Representative Results

Il metodo convalidato era una modifica di un metodo riportato in precedenza 20. Il metodo di genotipizzazione Viroseq, che è stato approvato dalla FDA, è stato utilizzato come metodo di riferimento per la convalida. Un gruppo di campioni di prova di abilità ottenuti dalle Agenzie nazionali francesi per la ricerca sull'AIDS e l'epatite virale (ANRS) è stato utilizzato nel confronto principale tra i due metodi. I due metodi di genotipizzazione sono state del 100% concorde nell'individuare tutti clinicamente importanti mutazioni associate alla resistenza droga come interpretato dal programma HIVDB per i campioni che sono stati amplificati con successo con entrambi i metodi. Come mostrato in Tabella 6, le sequenze nucleotidiche dei tre coppie erano 99,5% identico. Le sequenze amminoacidiche predette erano identici al 100%. Un campione su cinque non poteva essere amplificato con successo da Viroseq. In aggiunta al campione non amplificato dal Viroseq, il metodo in-house omesso di amplificare un secondo campione che è stato mostratoessere un virus ricombinante circolante (CRF02_AG) da Viroseq. I tre campioni amplificati con entrambe le metodologie erano sottotipo B (due campioni) e sottotipo A (un campione).

Figura 5
Figura 5. L'uso di un vicino di giunzione albero HKY fatto come parte della garanzia della qualità sequenza. Ci sono quattro coppie / gruppi di sequenza con distanze molto brevi genetiche. La distanza genetica tra RES655 e RES655_1 (stessi campioni sequenziati in giorni diversi) è 0.003. Il è un potenziale errore con la coppia RES637_1/RES638 come la loro distanza genetica è troppo breve (0.075) per i campioni provenienti da diversi individui epidemiologico scollegate. C'è un altro RES637 sull'albero con una distanza di 0,075 rispetto al RES638_1. Il cluster CQ01/CQ02 suggerisce che i due campionidal pannello sono duplicati dello stesso campione. Essi raggruppano insieme alla sequenza di riferimento sottotipo B confermando il sottotipo assegnato dallo strumento REGA Subtyping. CQ05 e CQ04 raggruppati con sottotipi A e G, rispettivamente, considerando che lo strumento REGA subtyping li ha classificati come A e CRF02_AG rispettivamente. Un altro strumento utile per subtyping HIV e ricombinazione è SCUEL, che è disponibile a http://www.datamonkey.org. Clicca qui per vedere l'immagine ingrandita.

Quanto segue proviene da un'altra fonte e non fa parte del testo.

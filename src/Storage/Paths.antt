-- ===== src/Storage/Paths.antt =====
-- backend/app/stores/storage.py: the paths of parts, and objects read after they are written.
use mathlib.Core.List.{append_cancel_left, append_cancel_right}
use keel_be.Prelude.{
  ℕ, zero, suc, ◌-◌, ◌≡◌, ◌≢◌, refl, sym, ap, ◌∙◌, Text, Bool, false, not, some, List, [], ◌∷◌,
  codes, decimal, length, value, value-decimal, select, text_eq, text_eq-eq, text_eq_refl,
  Bool-cases, inl, inr, arith,
}
use keel_be.Storage.{Files, find, put, zeros, six_digits, part_path}

value-zeros : (k : ℕ) (t : Text) → value (zeros k t) 0 ≡ value t 0
unfolding zeros
value-zeros zero t = refl
value-zeros (suc k) t = value-zeros k t

six_digits_injective : (m n : ℕ) → six_digits m ≡ six_digits n → m ≡ n
unfolding six_digits
six_digits_injective m n e =
    sym (value-zeros (6 - length (decimal m)) (decimal m) ∙ value-decimal m)
    ∙ (ap (λ t. value t 0) e ∙ (value-zeros (6 - length (decimal n)) (decimal n) ∙ value-decimal n))

-- Two parts of an upload are never stored under one path.
pub part_path_injective :
    (upload_id : Text) (m n : ℕ) → part_path upload_id m ≡ part_path upload_id n → m ≡ n
unfolding part_path
part_path_injective u m n e = six_digits_injective m n (
    append_cancel_right (six_digits m) (six_digits n) (codes ".part") (
      append_cancel_left (b'/' ∷ []) _ _
        (append_cancel_left u _ _ (append_cancel_left (codes "_parts/") _ _ e))))

pub find-put_self :
    (path content : Text) (fs : Files) → find path (put path content fs) ≡ some content
unfolding find put
find-put_self path content fs = rw (text_eq_refl path) refl

find_kept :
    (path other : Text) (fs : Files)
    → text_eq path other ≡ false
    → find other (select (λ f. not (text_eq f.0 path)) fs) ≡ find other fs
unfolding find
find_kept path other [] ne = refl
find_kept path other (f ∷ fs) ne = elim (Bool-cases (text_eq f.0 path)) [
  | inl same ↦
      let e : text_eq f.0 other ≡ false =
        ap (λ t. text_eq t other) (text_eq-eq f.0 path same) ∙ ne in
      ground (arith, same, e, find_kept path other fs ne)
  | inr differs ↦ ground (arith, differs, find_kept path other fs ne)
]

pub find-put_ne :
    (path other content : Text) (fs : Files)
    → text_eq path other ≡ false
    → find other (put path content fs) ≡ find other fs
unfolding find put
find-put_ne path other content fs ne = rw ne (find_kept path other fs ne)

select_twice : {A : Type 0} (p : A → Bool) (xs : List A) → select p (select p xs) ≡ select p xs
select_twice p [] = refl
select_twice p (x ∷ xs) = ground (arith, select_twice p xs)

pub put-put : (path a b : Text) (fs : Files) → put path b (put path a fs) ≡ put path b fs
unfolding put
put-put path a b fs =
    rw (text_eq_refl path) (ap (λ l. (path, b) ∷ l) (select_twice (λ f. not (text_eq f.0 path)) fs))

-- Texts that are not equal fail the test.
pub text_eq-ne : (s t : Text) → s ≢ t → text_eq s t ≡ false
text_eq-ne s t ne = elim (Bool-cases (text_eq s t)) [
  | inl same ↦ absurd (ne (text_eq-eq s t same))
  | inr differs ↦ differs
]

Un gruppo di cinque campioni è stato utilizzato per valutare la precisione del metodo in house. Dieci genotipi replicati sono stati generati per ciascuno dei cinque campioni. Utilizzando l'analizzatore genetico 16 Capillare 3130xl, 48 dei 50 genotipi sono stati generati da 24 piste, preparate lo stesso giorno. Per tutti i cinque campioni, le sequenze amminoacidiche predette erano 100% concorde tra replicati. Per le sequenze di acido nucleico, there era> 99% di somiglianza a coppie.

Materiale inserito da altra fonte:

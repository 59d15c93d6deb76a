-- ===== src/Ingest/Files.antt =====
-- backend/app/api/ingest.py: who may send documents in, and what becomes of a file.
use keel_be.Prelude.{ℕ, ◌≡◌, ◌≤◌, ◌<◌, refl, ap, Text, true, false, none, some, List, arith, length}
use keel_be.Prelude.Rows.{get, get-append}
use keel_be.Models.Enums.{IngestionStatus}
use keel_be.Models.Ingestion.{Document, document_key, job_key}
use keel_be.Core.Errors.{Exc, Kind, app, app_error}
use keel_be.Core.Principal.{Principal, can_write, ensure_write_scope}
use keel_be.Core.Session.{ok, err}
use keel_be.Core.Settings.{max_upload_bytes}
use keel_be.Documents.{queued_document, create_queued_document, enqueue, detect_file_type}
use keel_be.Storage.{get_bytes, put, or_missing}
use keel_be.Storage.Paths.{find-put_self}
use keel_be.Ingest.{
  State, Env, FileForm, JobResponse, ingest_file, ingest_file_part, ingest_text, ingest_record,
  store, store_whole, file_document, file_too_large, name_of, path_of, truthy, log_api_call,
}

abbrev pub forbidden : Exc
forbidden = app (app_error Kind.forbidden "read_write scope required for ingestion")

-- A key that may only read can send nothing in: a file, a part of one, a text and a record are each
-- refused with 403, and documents, stored files, queue and log stay as they were.
pub read_only_refused :
    (env : Env) (p : Principal) (s : State) (form : FileForm)
    (upload_id content title record_type record_id : Text) (n : ℕ) (tags : List Text)
    (fields : List (Text × Text))
    → can_write p ≡ false
    → (ingest_file env p form s ≡ (err forbidden, s))
      × (ingest_file_part env p upload_id n content s ≡ (err forbidden, s))
      × (ingest_text env p content title tags s ≡ (err forbidden, s))
      × (ingest_record env p record_type record_id fields tags s ≡ (err forbidden, s))
unfolding ingest_file ingest_file_part ingest_text ingest_record ensure_write_scope
read_only_refused env p s form upload_id content title record_type record_id n tags fields denied =
    (ground (arith, denied), ground (arith, denied), ground (arith, denied), ground (arith, denied))

module _ (env : Env) (p : Principal) (form : FileForm) (s : State) (file_type : Text)
    (allowed : can_write p ≡ true) (whole : truthy form.total_parts ≡ none)
    (typed : detect_file_type env.docs.lower (name_of env form) (some form.content)
      ≡ ok file_type) where
  -- A file over the limit that is sent whole is refused with `FILE_TOO_LARGE`: no row is written and
  -- nothing is sent to the worker, but its bytes stay stored.
  pub large_file_stays :
      max_upload_bytes env.settings < length form.content
      → (s' : State) × (ingest_file env p form s ≡ (err file_too_large, s'))
        × (s'.world.session ≡ s.world.session)
        × (s'.world.broker ≡ s.world.broker)
        × (get_bytes (path_of env p form) s'.world.files ≡ ok form.content)
  unfolding ingest_file store store_whole ensure_write_scope get_bytes
  large_file_stays large = (
    record s {
      world = record s.world { files = put (path_of env p form) form.content s.world.files };
    },
    ground (arith, allowed, whole, typed, large),
    refl,
    refl,
    ap or_missing (find-put_self (path_of env p form) form.content s.world.files),
  )

  -- A file of an allowed type within the limit that is sent whole, by a principal that may write, is
  -- stored and committed as a queued document of the sender's workspace, with its name, its type and
  -- the size of its content, and the bytes that are stored under that document's path are the content.
  -- (The identifier of the document is new, and the database takes its row.)
  pub ingest_file_lem :
      length form.content ≤ max_upload_bytes env.settings
      → env.docs.takes (
          queued_document env.docs.lower
            (file_document env p form s.users (length form.content) file_type))
        ≡ true
      → get env.document_id s.world.session.working.documents ≡ none
      → (s' : State) × (response : JobResponse) × (d : Document) × (path : Text) × (ingest_file env
            p form s
          ≡ (ok response, s'))
        × (response.document_id ≡ env.document_id)
        × (get env.document_id s'.world.session.committed.documents ≡ some d)
        × (d.workspace_id ≡ p.workspace_id)
        × (d.ingestion_status ≡ IngestionStatus.queued)
        × (d.filename ≡ name_of env form)
        × (d.file_type ≡ file_type)
        × (d.size_bytes ≡ length form.content)
        × (d.storage_path ≡ some path)
        × (get_bytes path s'.world.files ≡ ok form.content)
  unfolding ingest_file store store_whole ensure_write_scope get_bytes create_queued_document
      enqueue queued_document file_document log_api_call
  ingest_file_lem small taken fresh =
      let stored : State = record s {
        world = record s.world { files = put (path_of env p form) form.content s.world.files };
      } in
      let d = file_document env p form s.users (length form.content) file_type in
      let created = create_queued_document env.docs d stored.world in
      (
        (log_api_call env.now p "/api/ingest/file" (record stored { world = created.1 })).1,
        record {
          document_id = env.document_id;
          job_id = env.docs.job_id;
          status = IngestionStatus.queued;
        },
        queued_document env.docs.lower d,
        path_of env p form,
        ground (arith, allowed, whole, typed, small, taken),
        refl,
        rw taken (
            get-append env.document_id s.world.session.working.documents
              (queued_document env.docs.lower d) fresh refl),
        refl,
        refl,
        refl,
        refl,
        refl,
        refl,
        rw taken (ap or_missing (find-put_self (path_of env p form) form.content s.world.files)),
      )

Durante i primi due anni di utilizzo di questo metodo, sessanta campioni sono stati ripetuti in modo casuale da estrazione di RNA a sequenziamento. Non ci sono state differenze statisticamente significative tra il punteggio di qualità sequenza e il numero di basi misti tra le repliche. Sia il nucleotidiche e amminoacidiche confronti a coppie per i sessanta coppie erano superiore al 99% identico. Così le mutazioni di farmacoresistenza per tutte le coppie erano 100% concorde.

Riduzione dei costi

I volumi di reazione di RT, PCR e sequenziamento sono stati ridotti di almeno la metà, rispetto al metodo originale 20, 32, senza compromettere la qualità delle sequenze generate. Ciò ha consentito una riduzione dei costi del 50% per le fasi RT e PCR.

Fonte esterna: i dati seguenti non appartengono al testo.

-- ===== src/Ingest/Tests.antt =====
-- A file sent whole: by a key that may only read, over the limit, and within it.
use keel_be.Prelude.{ℕ, ◌≡◌, refl, none, some, Text, [], ◌∷◌, codes, arith, true, mem_text}
use keel_be.Prelude.Rows.{get}
use keel_be.Models.Enums.{Role, ApiKeyScope, IngestionStatus}
use keel_be.Models.Ingestion.{Document, document_key}
use keel_be.Core.Principal.{Principal, can_write}
use keel_be.Core.Session.{ok, err, open_session}
use keel_be.Core.Settings.{defaults, max_upload_bytes}
use keel_be.Documents.{detect_file_type}
use keel_be.Storage.{complete_local, get_bytes}
use keel_be.Fixtures.{ada}
use keel_be.Ingest.{
  State, Env, FileForm, JobResponse, ingest_file, ingest_file_part, ingest_text, ingest_record,
  file_too_large, name_of, path_of,
}
use keel_be.Ingest.Files.{forbidden, read_only_refused, large_file_stays, ingest_file_lem}

abbrev env_with : ℕ → Env
env_with mb = record {
  docs = record { lower = λ t. t; broker_up = true; job_id = 90; takes = λ d. true };
  settings = record defaults { max_upload_mb = mb };
  now = 50;
  document_id = 7;
  encode = λ t. t;
  complete_multipart = complete_local;
}

abbrev env : Env
env = env_with 500

abbrev ada_principal : Principal
ada_principal = record {
  workspace_id = 20;
  user_id = some 1;
  role = some Role.admin;
  api_key_id = none;
  scope = none;
}

abbrev reader : Principal
reader = record {
  workspace_id = 20;
  user_id = none;
  role = none;
  api_key_id = some 50;
  scope = some ApiKeyScope.read_only;
}

abbrev form : FileForm
form = record {
  content = codes "a,b";
  filename = some (codes "t.csv");
  content_type = none;
  file_name = none;
  tags = none;
  upload_id = none;
  part_number = none;
  total_parts = none;
}

abbrev state : State
state = record {
  world = record {
    session = open_session (record {
      documents = [];
      chunks = [];
      jobs = [];
      errors = [];
      connectors = [];
      credentials = [];
    });
    files = [];
    broker = [];
  };
  users = ada ∷ [];
  call_logs = [];
}

read_only_refused_example :
    (ingest_file env reader form state ≡ (err forbidden, state))
    × (ingest_file_part env reader [] 1 [] state ≡ (err forbidden, state))
    × (ingest_text env reader [] [] [] state ≡ (err forbidden, state))
    × (ingest_record env reader [] [] [] [] state ≡ (err forbidden, state))
unfolding can_write
read_only_refused_example = read_only_refused env reader state form [] [] [] [] [] 1 [] [] refl

large_file_stays_example :
    (s' : State) × (ingest_file (env_with 0) ada_principal form state ≡ (err file_too_large, s'))
    × (s'.world.session ≡ state.world.session)
    × (s'.world.broker ≡ state.world.broker)
    × (get_bytes (path_of (env_with 0) ada_principal form) s'.world.files ≡ ok form.content)
unfolding can_write detect_file_type max_upload_bytes mem_text
large_file_stays_example =
    large_file_stays (env_with 0) ada_principal form state (codes "csv") refl refl refl
      (omega arith)

ingest_file_lem_example :
    (s' : State) × (response : JobResponse) × (d : Document) × (path : Text) × (ingest_file env
        ada_principal form state
      ≡ (ok response, s'))
    × (response.document_id ≡ 7)
    × (get 7 s'.world.session.committed.documents ≡ some d)
    × (d.workspace_id ≡ 20)
    × (d.ingestion_status ≡ IngestionStatus.queued)
    × (d.filename ≡ name_of env form)
    × (d.file_type ≡ codes "csv")
    × (d.size_bytes ≡ 3)
    × (d.storage_path ≡ some path)
    × (get_bytes path s'.world.files ≡ ok form.content)
unfolding can_write detect_file_type max_upload_bytes mem_text
ingest_file_lem_example =
    ingest_file_lem env ada_principal form state (codes "csv") refl refl refl (omega arith) refl
      refl
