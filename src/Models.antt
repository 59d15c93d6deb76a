-- ===== src/Models.antt =====
-- backend/app/models: the tables. A row is a record, a column of an enumeration its data type; the
-- creation timestamps are left out where nothing reads them.
pub mod Enums
pub mod Identity
pub mod Ingestion
pub mod ApiKey
pub mod Connector
pub mod Chat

Il nuovo metodo è stato originariamente progettato per funzionare con sei sequenziamento primer sequenza tutti i 99 codoni del gene della proteasi e le prime 300 codoni della trascrittasi inversa gene 20, 32. Metodi simili usano anche sei a otto iniettori 33, 34. Alcuni metodi recentemente pubblicati hanno utilizzato meno di sei primer, anche se a volte il sequenziamento dei geni della proteasi e RT seprately 35, 36. Si è cercato di ridurre il numero di primer di sequenziamento da sei a quattro, (figura 6)

Figura 6
Figura 6. Confronto di sequenze contigue sei confrontarli quattro primer di sequenziamento per la generazione della sequenza pol 1197 bp che copre tutti i 99 HIV-1 proteasi codoni e le prime 300 codoni del gene trascrittasi inversa.242/51242fig6highres.jpg "target =" _blank "> Clicca qui per vedere l'immagine ingrandita.

Sequenze di una serie di 17 campioni generati da sei inneschi sono stati confrontati con sequenze generate dopo l'esclusione di due primer (MAW46 e RTY). I sottotipi erano 14 sottotipo C, due sottotipo B, e un sottotipo A. Non ci sono state differenze significative nei punteggi di qualità sequenza. Ancora una volta, l'identità pairwise media tra le 17 coppie di acido nucleico è stata del 99% e il 100% sul livello amminoacidico. Così, riducendo i primer di sequenziamento da sei a quattro determinato una riduzione del costo sequenziamento di quasi un terzo.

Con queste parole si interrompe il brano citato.